TVs at CES 2015 go beyond 4K

4K is already old hat. Rapidly falling prices are causing TV makers to push ever more elaborate features — that’s why Quantum Dots, HDR and curved, bendable and ultra-slim sets were so prominent this year.

Sarah Tew/CNET


LAS VEGAS — The marketing departments at major TV makers love their buzzwords, and none more than Samsung.

The world’s biggest TV maker and dominant force in 4K UHD sales bet big on a confusing array of new terms at CES 2015, beginning with S(don’t-call-me-Super)UHD. Other TV makers joined in too, adding HDR, pixel splitting and numerous other enhancements to their best TVs.

The reason is simple: 4K TVs are dropping to mainstream prices fast, so something else is needed to sell profitable, high-end TVs. Both Samsung and LG, the number two TV maker, introduced more lines of 4K TVs than 1080p TVs at the show, and Sony’s ratio of 4K to 1080p series was 4:1. The show’s big booths were packed with 4K sets, with very few 1080p models on hand.

Samsung SUHD vs. LG OLED

The latest front in the bitter corporate rivalry between Samsung and LG is new high-end TV tech. At CES Samsung introduced its “SUHD” line of LED LCDs in an attempt to compete against the picture quality supremacy of OLED, which delivers the best images we’ve ever tested.

SUHD picture enhancements include LEDs coated with Quantum Dots, a redesigned panel, improved LCD filters and, in the case of the flagship JS9500 series, full-array local dimming. They looked very good in person during a private room demo Samsung set up, but since they’re basically fancy LCDs I don’t think they’ll outperform OLED — although they’ll likely be significantly less expensive, especially the step-down JS9000 and JS8500, which use edge-lit local dimming.

LG’s OLED introductions were all 4K, and we expect them to continue to be exorbitantly expensive. The company is delivering 55-inch and 65-inch flat (as opposed to curved) screen models, a 77-inch flexible model, and will continue selling the 1080p 55EC9300 from last year. No pricing was announced, but I’m guessing the 55-inch sets cost around $4,000, and the 65-inchers $6,000, at launch in the US.

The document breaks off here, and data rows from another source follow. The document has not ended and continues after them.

-- ===== src/Examples/Memory.antt =====
-- memory_backend.py on one in-memory profile: a write, a hit and an invalidation.
use hse_graduate_qualificati.Base.{
  if◌then◌else◌, contains, ℕ, ◌≡◌, refl, none, some, List, [], ◌∷◌, arith, text_cases, inl, inr,
  hit_inv, ap, ◌∙◌,
}
use hse_graduate_qualificati.Base.Dict.{Dict, lookup, insert, has_key}
use hse_graduate_qualificati.Base.Exec.{ok}
use hse_graduate_qualificati.Cache.Backend.{Write, zero_counters}
use hse_graduate_qualificati.Cache.Backend.Ideal.{
  Ideal, empty, write, entry_of, drop_rule, drop_tag,
}
use hse_graduate_qualificati.Cache.Backend.History
use hse_graduate_qualificati.Cache.Backend.History.{Call, run, Justified}
use hse_graduate_qualificati.Cache.Memory
use hse_graduate_qualificati.Cache.Memory.{index_keys, MemoryBackend, backend, init}
use hse_graduate_qualificati.Cache.Memory.Models.{Models, profile_lifetime}
use hse_graduate_qualificati.Cache.Memory.Refines.{IsDict, HasRoom, init-Models}
use hse_graduate_qualificati.Cache.Memory.Counts.{Accounts, count_calls, run-Accounts}
use hse_graduate_qualificati.Cache.Memory.Exact.{get-del_by_rule, get-del_by_tag}
use hse_graduate_qualificati.Cache.Memory.Writes.{set_with_indexes-Models}
use hse_graduate_qualificati.Cache.Memory.Fresh.{memory_hit-Justified, get-set_with_indexes}
use hse_graduate_qualificati.Dsl.Schema.{CacheProfile, in_memory, lru}
use hse_graduate_qualificati.Examples.Ttl.{caches, laws, FunCache}

abbrev pub hot : CacheProfile
hot = record {
  backend = in_memory;
  eviction = lru;
  ttl_seconds = 60;
  max_entries = some 10;
  invalidation = none;
}

abbrev pub profiles : Dict CacheProfile
profiles = ("hot", hot) ∷ []

abbrev hot_cache : FunCache
hot_cache = caches.new 10 (some 60)

abbrev fresh_backend : MemoryBackend caches
fresh_backend = record {
  caches = ("hot", hot_cache) ∷ [];
  key_profile = [];
  rule_index = [];
  tag_index = [];
  counters = zero_counters;
}

abbrev pub write_one : Write
write_one = record {
  profile_name = "hot";
  key = "k1";
  value = 7 ∷ [];
  ttl = 60;
  rule = "r";
  tags = "t1" ∷ [];
}

made : init caches profiles zero_counters ≡ ok fresh_backend
unfolding init Memory.make_caches Memory.new_cache Memory.add_cache Memory.cache_ttl
made = refl

distinct : IsDict profiles
unfolding has_key
distinct = (refl, tt)

room : HasRoom profiles
unfolding lookup
room p prof size found given = elim (text_cases "hot" p) [
  | inl same ↦
      let is_hot : hot ≡ prof = hit_inv "hot" p hot prof none same found in
      let ten : some 10 ≡ some size = ap CacheProfile.max_entries is_hot ∙ given in
      let is_ten : 10 ≡ size = cc ten in omega arith
  | inr differs ↦ cc (rw differs at found)
]

abbrev calls : List (ℕ × Call)
calls = (1, Call.set_with_indexes write_one) ∷ (2, Call.get "k2") ∷ (3, Call.del_by_tag "t2") ∷ []

hit :
    (Memory.get caches 5 "k1" (run (backend caches) calls (fresh_backend, [])).0).0
    ≡ ok (some (7 ∷ []))
unfolding Memory.get run lookup History.call Memory.del_by_tag Memory.evict_all Memory.index_keys
    Memory.set_with_indexes insert
hit = refl

memory_hit-Justified_example :
    Justified
      (λ profile ttl. profile_lifetime profiles profile)
      (run (backend caches) calls (fresh_backend, [])).1
      5
      "k1"
      (7 ∷ [])
memory_hit-Justified_example =
    memory_hit-Justified caches laws profiles zero_counters fresh_backend calls 5 "k1" (7 ∷ [])
      distinct room made hit

fresh-Models : Models caches profiles fresh_backend empty
fresh-Models = init-Models caches laws profiles zero_counters fresh_backend distinct room made

get-set_with_indexes_example :
    ((Memory.set_with_indexes caches 1 write_one fresh_backend).0 ≡ ok tt)
    × ((Memory.get caches 40 "k1" (Memory.set_with_indexes caches 1 write_one fresh_backend).1).0
        ≡ ok (some (7 ∷ [])))
unfolding lookup Memory.cache_ttl
get-set_with_indexes_example =
    get-set_with_indexes caches laws profiles fresh_backend empty 1 40 write_one hot_cache
      fresh-Models refl (omega arith) (omega arith)

abbrev pub written_backend : MemoryBackend caches
written_backend = (Memory.set_with_indexes caches 1 write_one fresh_backend).1

abbrev pub holding : Ideal
holding = write "k1" (entry_of 1 (profile_lifetime profiles "hot") write_one) empty

pub holding-Models : Models caches profiles written_backend holding
unfolding Memory.set_with_indexes lookup
holding-Models =
    set_with_indexes-Models caches laws profiles fresh_backend empty 1 write_one fresh-Models

get-del_by_rule_example :
    ((Memory.del_by_rule caches 9 "r" written_backend).0 ≡ ok tt)
    × Models caches profiles
        (Memory.del_by_rule caches 9 "r" written_backend).1
        (drop_rule "r" holding)
    × ((Memory.get caches 12 "k1" (Memory.del_by_rule caches 9 "r" written_backend).1).0 ≡ (
        if contains "k1" (index_keys "r" written_backend.rule_index)
        then ok none
        else (Memory.get caches 12 "k1" written_backend).0))
get-del_by_rule_example =
    get-del_by_rule caches laws profiles written_backend holding 9 12 "r" "k1" holding-Models
      (omega arith)

get-del_by_tag_example :
    ((Memory.del_by_tag caches 9 "t1" written_backend).0 ≡ ok tt)
    × Models caches profiles
        (Memory.del_by_tag caches 9 "t1" written_backend).1
        (drop_tag "t1" holding)
    × ((Memory.get caches 12 "k1" (Memory.del_by_tag caches 9 "t1" written_backend).1).0 ≡ (
        if contains "k1" (index_keys "t1" written_backend.tag_index)
        then ok none
        else (Memory.get caches 12 "k1" written_backend).0))
get-del_by_tag_example =
    get-del_by_tag caches laws profiles written_backend holding 9 12 "t1" "k1" holding-Models
      (omega arith)

run-Accounts_example :
    Accounts
      (run (backend caches) calls (fresh_backend, [])).0.counters
      (run (backend caches) calls (fresh_backend, [])).1
unfolding count_calls
run-Accounts_example =
    run-Accounts caches calls fresh_backend []
      (record { reads = refl; writes = refl; deletes = refl })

HDR: contrast vs. resolution

We’re much more excited about HDR (high dynamic range) TV tech than we ever were about 4K resolution. The most important picture quality factor is contrast — basically, the ability to produce dark blacks and bright whites — and HDR promises to improve contrast in both TVs and the content displayed on them.

Multiple companies, including Samsung, LG, Sony, Panasonic, TCL and Philips are talking about HDR in their TVs, and even more exciting, Dolby and Netflix are talking about HDR content. It’ll be a few years before it becomes widely available, but in demos I saw it was the most exciting picture quality enhancement at the show. Check out our HDR roundup for more.

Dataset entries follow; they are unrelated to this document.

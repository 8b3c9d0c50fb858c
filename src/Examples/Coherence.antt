-- ===== src/Examples/Coherence.antt =====
-- The read and the write path over the in-memory backend, with a database of one text.
use hse_graduate_qualificati.Base.{
  String, ◌≡◌, refl, none, some, [], ◌∷◌, text_cases, inl, inr, hit_inv, contains, set_add,
}
use mathlib.Core.Path.{subst}
use hse_graduate_qualificati.Base.Dict.{lookup, insert}
use hse_graduate_qualificati.Base.Exec.{ok, Exec, traverse}
use hse_graduate_qualificati.Cache.Backend.{Bytes}
use hse_graduate_qualificati.Cache.Backend.Ideal.{Entry, entry_of}
use hse_graduate_qualificati.Cache.Coherence.{Queries, Answers, Coherent, Faithful, inner}
use hse_graduate_qualificati.Cache.Coherence.Reads.{CorrectRead, wrapped-CorrectRead, wrapped-read}
use hse_graduate_qualificati.Cache.Coherence.Mutations.{
  IsCoherent, Covers, wrap_mutation-IsCoherent,
}
use hse_graduate_qualificati.Cache.Interceptor.{Codec, Wrap, render_tags, wrapped}
use hse_graduate_qualificati.Cache.Invalidator.{after_mutation}
use hse_graduate_qualificati.Cache.Key.{make_key}
use hse_graduate_qualificati.Cache.Memory
use hse_graduate_qualificati.Cache.Memory.{MemoryBackend, backend}
use hse_graduate_qualificati.Cache.Memory.Models.{profile_lifetime}
use hse_graduate_qualificati.Cache.Memory.Refines.{memory_contract}
use hse_graduate_qualificati.Dsl.Registry.{ResolvedMutation}
use hse_graduate_qualificati.Dsl.Schema.{many, update, operation}
use hse_graduate_qualificati.Cache.Tag.{render_template}
use hse_graduate_qualificati.Dsl.Placeholder.{match_arg}
use hse_graduate_qualificati.Dsl.Placeholder.Split.{split, pieces}
use hse_graduate_qualificati.Dsl.Value.{Args}
use hse_graduate_qualificati.Examples.Ttl.{caches, laws}
use hse_graduate_qualificati.Examples.Memory.{
  profiles, hot, write_one, written_backend, holding, holding-Models,
}
use hse_graduate_qualificati.Graphql.Server.{wrap_mutation_with_invalidator}

abbrev same_bytes : Codec Bytes
same_bytes = record { dumps = λ v. v; loads = λ v. v }

abbrev one_key : String → String
one_key payload = "k1"

-- Every query of rule "r" with the tag "t1" reads the whole database.
abbrev queries : Queries Bytes Bytes
queries = record { Registered = λ w. (w.rule_name ≡ "r"); read = λ w args d. ok d }

abbrev users : Wrap
users = record {
  query = record {
    name = "users";
    type_name = "User";
    table = "users";
    columns = [];
    primary_key = "id";
    multiplicity = many;
    where_sql = none;
    where_args = [];
  };
  profile_name = "hot";
  profile = hot;
  rule_name = "r";
  tag_templates = "t1" ∷ [];
}

faithful : Faithful same_bytes one_key queries
faithful = record { one_answer = λ w w' args args' d r r' same. refl; loads-dumps = λ a. refl }

rendered : render_tags users [] ≡ ok ("t1" ∷ [])
unfolding traverse render_template split pieces match_arg
rendered = refl

holding-Coherent : Coherent same_bytes one_key queries holding (7 ∷ [])
unfolding make_key
holding-Coherent k e at = elim (text_cases "k1" k) [
  | inr differs ↦ cc (rw differs at at)
  | inl same ↦
      let new : Entry = entry_of 1 (profile_lifetime profiles "hot") write_one in
      let own : new ≡ e = hit_inv "k1" k new e none same at in
      subst (λ x. Answers same_bytes one_key queries k x (7 ∷ [])) own
        (record {
          wrap = users;
          args = [];
          registered = refl;
          key = same;
          rule = refl;
          tags = rendered;
          answer = refl;
        })
]

wrapped-CorrectRead_example :
    CorrectRead
      (backend caches)
      (memory_contract caches laws profiles)
      same_bytes
      one_key
      queries
      (ok (7 ∷ []))
      (7 ∷ [])
      (wrapped
        (backend caches)
        same_bytes
        one_key
        5
        6
        users
        (inner queries users)
        []
        (written_backend, 7 ∷ []))
unfolding make_key
wrapped-CorrectRead_example =
    wrapped-CorrectRead (backend caches) (memory_contract caches laws profiles) same_bytes one_key
      queries faithful users [] refl tt (7 ∷ []) holding 5 6 written_backend holding-Models
      holding-Coherent

wrapped-read_example :
    (wrapped
      (backend caches)
      same_bytes
      one_key
      5
      6
      users
      (inner queries users)
      []
      (written_backend, 7 ∷ [])).0
    ≡ ok (7 ∷ [])
unfolding make_key Memory.get Memory.set_with_indexes lookup insert
wrapped-read_example =
    wrapped-read (backend caches) (memory_contract caches laws profiles) same_bytes one_key queries
      faithful users [] refl (7 ∷ []) holding 5 6 written_backend (some (7 ∷ [])) (7 ∷ [])
      ("t1" ∷ []) tt holding-Models holding-Coherent refl rendered refl refl

abbrev rename : ResolvedMutation
rename = record {
  name = "rename";
  type_name = "User";
  table = "users";
  columns = [];
  primary_key = "id";
  kind = update;
  set_columns = none;
  where_sql = none;
  where_args = [];
  invalidates = some (record { strategy = operation; rules = some ("r" ∷ []); tags = none });
}

-- a mutation after which the database holds another text
abbrev change : Args → Exec Bytes Bytes
change args d = (ok (8 ∷ []), 8 ∷ [])

change-Covers :
    Covers
      (backend caches)
      (memory_contract caches laws profiles)
      same_bytes
      one_key
      queries
      rename.invalidates
      []
      (7 ∷ [])
      (8 ∷ [])
unfolding contains
change-Covers w args' registered = inr (rw registered)

wrap_mutation-IsCoherent_example :
    ((change [] (7 ∷ [])).0 ≡ ok (8 ∷ []))
    × ((wrap_mutation_with_invalidator
          (backend caches)
          9
          rename
          change
          []
          (written_backend, 7 ∷ [])).1.1
        ≡ (8 ∷ []))
    × IsCoherent
        (backend caches)
        (memory_contract caches laws profiles)
        same_bytes
        one_key
        queries
        (wrap_mutation_with_invalidator
          (backend caches)
          9
          rename
          change
          []
          (written_backend, 7 ∷ [])).1.0
        (8 ∷ [])
unfolding wrap_mutation_with_invalidator after_mutation Memory.del_by_rule Memory.evict_all
    Memory.index_keys lookup Memory.set_with_indexes insert set_add Memory.evict
wrap_mutation-IsCoherent_example =
    wrap_mutation-IsCoherent (backend caches) (memory_contract caches laws profiles) same_bytes
      one_key queries 9 rename change [] written_backend (7 ∷ []) (8 ∷ [])
      (record { ideal = holding; models = holding-Models; coherent = holding-Coherent })
      change-Covers refl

Sharp, for its part, was focused squarely on resolution with its Beyond 4K TV. For my part, I don’t think the extra subpixels will make much visible difference.

More curved vs. more flat

Samsung says its curved TVs are extremely popular, despite the troubles we’ve noted in testing. So the company doubled down in 2015, introducing four series of curved 4K UHD sets. Beyond LG’s OLEDs, however, no other TV maker is selling curved TVs in the US.

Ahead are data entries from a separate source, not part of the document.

-- ===== src/Graphql/Server/Requests.antt =====
-- The request counters of framework/graphql/server.py against the requests that were served.
use mathlib.Core.Path.{subst}
use hse_graduate_qualificati.Base.{
  eq_iff, ℕ, ◌+◌, String, ◌≡◌, Bool, true, false, none, some, List, [], ◌∷◌, ◌==◌, if◌then◌else◌,
  arith, Bool-cases, Option-cases, inl, inr, text_cases, ◌∙◌,
}
use hse_graduate_qualificati.Base.Dict.{Dict, lookup, insert, lookup-insert}
use hse_graduate_qualificati.Base.Exec.{
  Result, ok, raise, Exec, Result-cases, value_error, key_error, runtime_error, assertion_error,
  library_error, multiplicity_violation, dsl_error,
}
use hse_graduate_qualificati.Dsl.Value.{Args}
use hse_graduate_qualificati.Graphql.Server.{bump, error_code, wrap_with_counters}
use hse_graduate_qualificati.Stats.{RequestCounters}

-- `counts.get(key, 0)`
unfoldable pub count_of : String → Dict ℕ → ℕ
count_of key counts = elim (lookup key counts) [ none ↦ 0 | some n ↦ n ]

abbrev one_if : Bool → ℕ
one_if true = 1
one_if false = 0

count_of-insert :
    (k j : String) (n : ℕ) (d : Dict ℕ)
    → count_of j (insert k n d) ≡ (if k == j then n else count_of j d)
unfolding count_of
count_of-insert k j n d = elim (Bool-cases (k == j)) [
  | inl same ↦ rw (lookup-insert k j n d, same, count_of)
  | inr differs ↦ rw (lookup-insert k j n d, differs, count_of)
]

count_of-insert_next :
    (k j : String) (n : ℕ) (d : Dict ℕ)
    → count_of k d ≡ n
    → count_of j (insert k (n + 1) d) ≡ one_if (k == j) + count_of j d
count_of-insert_next k j n d now = elim (text_cases k j) [
  | inl same ↦
      let here : count_of j d ≡ n = subst (λ i. count_of i d ≡ n) same now in
      let test : (k == j) ≡ true = (eq_iff k j).1 same in
      count_of-insert k j (n + 1) d ∙ rw (test, here) (omega arith)
  | inr differs ↦ count_of-insert k j (n + 1) d ∙ rw differs (omega arith)
]

count_of-bump : (k j : String) (d : Dict ℕ) → count_of j (bump k d) ≡ one_if (k == j) + count_of j d
unfolding bump count_of
count_of-bump k j d = elim (Option-cases (lookup k d)) [
  | inl absent ↦ rw (absent, bump) (count_of-insert_next k j 0 d (rw (absent, count_of)))
  | inr (n, there) ↦ rw (there, bump) (count_of-insert_next k j n d (rw (there, count_of)))
]

abbrev raised_with {ℓ} : {A : Type ℓ} → String → Result A → Bool
raised_with code (ok a) = false
raised_with code (raise e) = error_code e == code

-- How many of the requests were for the operation, and how many raised under the code.
unfoldable pub requests_of {ℓ} : {A : Type ℓ} → String → List (String × Result A) → ℕ
requests_of op [] = 0
requests_of op ((name, result) ∷ results) = one_if (name == op) + requests_of op results

unfoldable pub errors_of {ℓ} : {A : Type ℓ} → String → List (String × Result A) → ℕ
errors_of code [] = 0
errors_of code ((name, result) ∷ results) =
    one_if (raised_with code result) + errors_of code results

-- The result is a violation of a query's multiplicity.
abbrev pub is_violation {ℓ} : {A : Type ℓ} → Result A → Bool
is_violation (ok a) = false
is_violation (raise (multiplicity_violation name count)) = true
is_violation (raise e) = false

-- The result is any other exception.
abbrev pub is_other_error {ℓ} : {A : Type ℓ} → Result A → Bool
is_other_error (ok a) = false
is_other_error (raise (multiplicity_violation name count)) = false
is_other_error (raise e) = true

-- How many of the results pass the test.
unfoldable pub how_many {ℓ} : {A : Type ℓ} → (Result A → Bool) → List (String × Result A) → ℕ
how_many test [] = 0
how_many test ((name, result) ∷ results) = one_if (test result) + how_many test results

module _ {ℓ} {A : Type ℓ} where
  one_if-raised_with :
      (code : String) (result : Result A)
      → one_if (raised_with code result)
        ≡ (if "multiplicity.violation" == code then one_if (is_violation result) else 0)
          + (if "framework.internal_error" == code then one_if (is_other_error result) else 0)
  one_if-raised_with code (ok a) = ground arith
  one_if-raised_with code (raise (multiplicity_violation name count)) = ground arith
  one_if-raised_with code (raise (value_error text)) = ground arith
  one_if-raised_with code (raise (key_error text)) = ground arith
  one_if-raised_with code (raise (runtime_error text)) = ground arith
  one_if-raised_with code (raise (assertion_error text)) = ground arith
  one_if-raised_with code (raise (library_error text)) = ground arith
  one_if-raised_with code (raise (dsl_error kind text place)) = ground arith

  errors_of_lem :
      (code : String) (results : List (String × Result A))
      → errors_of code results
        ≡ (if "multiplicity.violation" == code then how_many is_violation results else 0)
          + (if "framework.internal_error" == code then how_many is_other_error results else 0)
  unfolding errors_of how_many
  errors_of_lem code [] = ground arith
  errors_of_lem code ((name, result) ∷ results) =
      let here = one_if-raised_with code result in
      let rest = errors_of_lem code results in ground arith

pub record Request (S A : Type 0) : Type 0 where
  pub op_name : String
  pub resolver : Args → Exec S A
  pub args : Args

module _ {S A : Type 0} where
  -- The requests, one after another: their results, and the state after them.
  unfoldable pub serve :
      List (Request S A) → RequestCounters × S → List (String × Result A) × (RequestCounters × S)
  serve [] at = ([], at)
  serve (q ∷ requests) at =
      let (result, at') = wrap_with_counters q.op_name q.resolver q.args at in
      let (results, end) = serve requests at' in ((q.op_name, result) ∷ results, end)

  -- One request.
  wrap_with_counters-count_of :
      (op_name : String) (resolver : Args → Exec S A) (args : Args) (c : RequestCounters) (s : S)
      → let r = wrap_with_counters op_name resolver args (c, s) in
        ((op : String)
          → count_of op r.1.0.request_count_by_op
            ≡ one_if (op_name == op) + count_of op c.request_count_by_op)
        × ((code : String)
            → count_of code r.1.0.errors ≡ one_if (raised_with code r.0) + count_of code c.errors)
  unfolding wrap_with_counters
  wrap_with_counters-count_of op_name resolver args c s = elim (Result-cases (resolver args s).0) [
    | inl (a, fine) ↦
        rw (fine, wrap_with_counters)
          (λ op. count_of-bump op_name op c.request_count_by_op, λ code. omega arith)
    | inr (e, failed) ↦
        rw (failed, wrap_with_counters)
          (
            λ op. count_of-bump op_name op c.request_count_by_op,
            λ code. count_of-bump (error_code e) code c.errors,
          )
  ]

  -- The same, with the errors as `error_code` reads them.
  serve-errors_of :
      (requests : List (Request S A)) (c : RequestCounters) (s : S) (op code : String)
      → (count_of op (serve requests (c, s)).1.0.request_count_by_op
          ≡ requests_of op (serve requests (c, s)).0 + count_of op c.request_count_by_op)
        × (count_of code (serve requests (c, s)).1.0.errors
            ≡ errors_of code (serve requests (c, s)).0 + count_of code c.errors)
  unfolding serve requests_of errors_of
  serve-errors_of [] c s op code = (omega arith, omega arith)
  serve-errors_of (q ∷ requests) c s op code =
      let first = wrap_with_counters-count_of q.op_name q.resolver q.args c s in
      let (result, (c', s')) = wrap_with_counters q.op_name q.resolver q.args (c, s) in
      let rest = serve-errors_of requests c' s' op code in
      let by_op = first.0 op in let by_code = first.1 code in (omega arith, omega arith)

  -- After any requests the counter of an operation has grown by the number of its requests, whatever
  -- came of them; the counter under "multiplicity.violation" by the number of requests that raised a
  -- violation of a multiplicity, that under "framework.internal_error" by the number that raised
  -- anything else; and the counters under other codes are as they were.
  pub serve-count_of :
      (requests : List (Request S A)) (c : RequestCounters) (s : S) (op code : String)
      → (count_of op (serve requests (c, s)).1.0.request_count_by_op
          ≡ requests_of op (serve requests (c, s)).0 + count_of op c.request_count_by_op)
        × (count_of code (serve requests (c, s)).1.0.errors
            ≡ (if "multiplicity.violation" == code
                then how_many is_violation (serve requests (c, s)).0
                else 0)
              + (if "framework.internal_error" == code
                  then how_many is_other_error (serve requests (c, s)).0
                  else 0)
              + count_of code c.errors)
  serve-count_of requests c s op code =
      let (by_op, by_code) = serve-errors_of requests c s op code in
      let split = errors_of_lem code (serve requests (c, s)).0 in (by_op, omega arith)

Instead, Sony, LG and Sharp all touted flatter TVs. The Sony X900C is the world’s thinnest LCD at 0.2 inches (5mm) deep, making it thinner than your phone. Sharp will sell a similarly slim set later in the year, and LG’s best new LED LCD is almost as thin as its OLEDs.

p1000994.jpgDavid Katzmaier

Smart TVs: Homebrew vs. Roku and Google

Samsung and LG stuck to their guns in introducing new versions of their homebrew smart operating systems. LG’s Web OS 2.0 largely looks the same as the original, but it’s supposedly faster and offers more customization. Tizen is the name for Samsung’s new system, and it has a new interface, faster response time and of course a crazy new name. Samsung touts its open-source nature, but I’d be surprised if a flood of third-party developers jumped on board.

Google’s Android TV is open-source too, and in 2015 two TV makers, Sony and Sharp, embraced it over their own homebrew systems. To be fair Sharp’s approach is more of a hybrid between its old smart TV suite, with Android TV couched as one option among many. I like Sony’s approach better, however. It scrapped its old smart TV suite completely and put Android TV front and center.

Meanwhile Roku, our favorite smart TV system of them all, announced a couple of new partners in Haier and Insignia, an expanded lineup of TCL sets, and the beginnings of a plan for 4K.